Marianus adalah bungsu dari dua bersaudara anak pasangan petani miskin, Yohanes Da'e dan Virmina Redo, yang tinggal di Bobajo, Kecamatan Golewa, Ngada. Sang ayah meninggal dunia tahun 1980, disusul ibunya pada tahun 1985. Ketika duduk di kelas IV SD Katolik, Bejo, Mengulewa, Marianus sempat berhenti sekolah karena tak ada dana.
Namun, sang paman, Eman Maghi, yang menjadi guru segera bertindak. Marianus dibawanya ke Bajawa agar bisa bersekolah di SD Katolik I Bajawa dan lulus tahun 1975. Sejak itu, ia menjadi anak asuh keluarga Eman Maghi, yang terus membiayai sekolahnya hingga kelas II SMP PGRI Bajawa.

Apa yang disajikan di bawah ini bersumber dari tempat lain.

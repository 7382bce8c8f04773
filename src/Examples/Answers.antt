-- ===== src/Examples/Answers.antt =====
-- What a user is told of the proof of `Requests`, and of one that has ended.
use zkm_prover.Base.{
  ◌≡◌, refl, ap, ◌∙◌, arith, ◌==◌, if◌then◌else◌, ◌⊎◌, ◌↔◌, Option, none, some, [], ◌∷◌, String,
}
use zkm_prover.Platform.{Bytes, ok, World, read}
use zkm_prover.Tasks.{GenerateTask}
use zkm_prover.Stage.{Backend}
use zkm_prover.Database.{
  StageTask, Database, get_stage_task, get_prove_task_infos, update_stage_task,
  update_stage_task_check_at,
}
use zkm_prover.Worker.{task_itype_split, Codec, Work}
use zkm_prover.Worker.Finish.{status_success, proof_result, finish}
use zkm_prover.Config.{default_config}
use zkm_prover.Service.Generate.{generate_proof, stage_task}
use zkm_prover.Service.Status.{GetStatusResponse, Decoder, no_status, get_status, read_outputs}
use zkm_prover.Service.Reports.{IsComputing}
use zkm_prover.Service.Ends.{get_status-success, get_status-generate_proof, get_status-finish}
use zkm_prover.Examples.{example_world, example_generate, stage_with}
use zkm_prover.Examples.Requests.{outside, request, service_with, response, taken, taken_db}

abbrev context_of : GenerateTask
context_of = record example_generate { output_stream_path = "" }

abbrev decoder : Decoder
decoder = record {
  from_json = λ text. some context_of;
  split_from_json = λ text. none;
  into_bytes = λ text. 5 ∷ [];
}

get_status-success_example : ((no_status "other").status ≡ status_success) ↔ (
    (get_stage_task (service_with []).db "other" ≡ none)
    ⊎ ((task : StageTask) × (get_stage_task (service_with []).db "other" ≡ some task)
        × (task.status ≡ status_success)))
get_status-success_example =
    get_status-success decoder Backend.prover_v2 default_config example_world (service_with []).db
      "other" (no_status "other") (unfold get_status get_stage_task in refl)

get_status-generate_proof_example :
    let (s', reply) =
      generate_proof outside Backend.prover_v2 default_config request (service_with []) in
    IsComputing (get_status decoder Backend.prover_v2 default_config example_world s'.db "proof")
get_status-generate_proof_example =
    get_status-generate_proof decoder Backend.prover_v2 default_config outside request
      (service_with []) response example_world taken refl
      (
        some [],
        ap (λ db. get_prove_task_infos decoder.split_from_json db "proof" task_itype_split) taken_db
            ∙ (unfold get_prove_task_infos in refl),
      )

-- A proof that has ended, with its snark in its file.
abbrev proved_world : World
proved_world = record example_world { files = λ path. some (5 ∷ []) }

-- One text, and its bytes.
abbrev five : Bytes → Option String
five (b ∷ []) = if b == 5 then some "five" else none
five _ = none

five-into_bytes :
    (bytes : Bytes) (text : String) → five bytes ≡ some text → decoder.into_bytes text ≡ bytes
five-into_bytes [] text h = cc
five-into_bytes (b ∷ []) text h = ground arith
five-into_bytes (b ∷ c ∷ bytes) text h = cc

abbrev codec : Codec
codec = record { to_json = λ task. "json"; from_json = λ text. some context_of; from_utf8 = five }

abbrev work : Work
work = record {
  id = "proof";
  stage = stage_with [];
  db = (service_with (stage_task "proof" "context" ∷ [])).db;
  claimed_at = 0;
  check_at = 0;
}

abbrev ended_db : Database
ended_db =
    (service_with (
      (record (stage_task "proof" "context") {
        status = status_success;
        result = some "five";
        check_at = 77;
        step = 2;
      })
      ∷ [])).db

get_status-finish_example :
    (r : GetStatusResponse) × (get_status decoder Backend.prover_v2 default_config proved_world
        ended_db "proof"
      ≡ ok r)
    × (r.status ≡ status_success)
    × (read proved_world "snark" ≡ some r.proof_with_public_inputs)
    × (r.output_stream ≡ [])
get_status-finish_example =
    get_status-finish decoder Backend.prover_v2 default_config codec proved_world proved_world 77
      work ended_db (stage_task "proof" "context") "context" context_of ([], []) five-into_bytes
      (unfold finish proof_result read update_stage_task update_stage_task_check_at in refl) refl
      refl (unfold get_stage_task in refl) refl refl refl refl (unfold read_outputs in refl)
      (some [], unfold get_prove_task_infos in refl)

Oleh karena sang paman harus berkuliah di Kupang, Marianus tak bisa melanjutkan sekolah. Tahun 1977 ia bekerja menjadi buruh serabutan, termasuk sebagai buruh perusahaan bata merah CV Galeta di Bajawa. Upahnya Rp 250 per hari.
"Dengan upah harian itu, ditambah sedikit tabungan hasil kerja serabutan selama empat tahun tidak bersekolah, saya bisa melanjutkan belajar di SMP sampai tamat tahun 1982," cerita Marianus di Zeu, Kecamatan Soa, Ngada, awal Juni.
Di Zeu yang berjarak sekitar 40 kilometer utara Bajawa ini, ia punya kebun. Ia menyambangi kebunnya dengan mobil pribadi. "Saya harus konsisten dengan kebijakan mobil dinas hanya dimanfaatkan untuk kepentingan dinas," ujar bupati yang mengaku menggunakan Toyota Kijang tahun 1995 sebagai mobil dinasnya.
Kuliah sambil bekerja
Meski tak ada dana pendidikan dari keluarga, semangat belajar Marianus tetap tinggi. Ini antara lain tampak dari tekadnya kuliah di Fakultas Keguruan dan Ilmu Pengetahuan Universitas Nusa Cendana Kupang, NTT.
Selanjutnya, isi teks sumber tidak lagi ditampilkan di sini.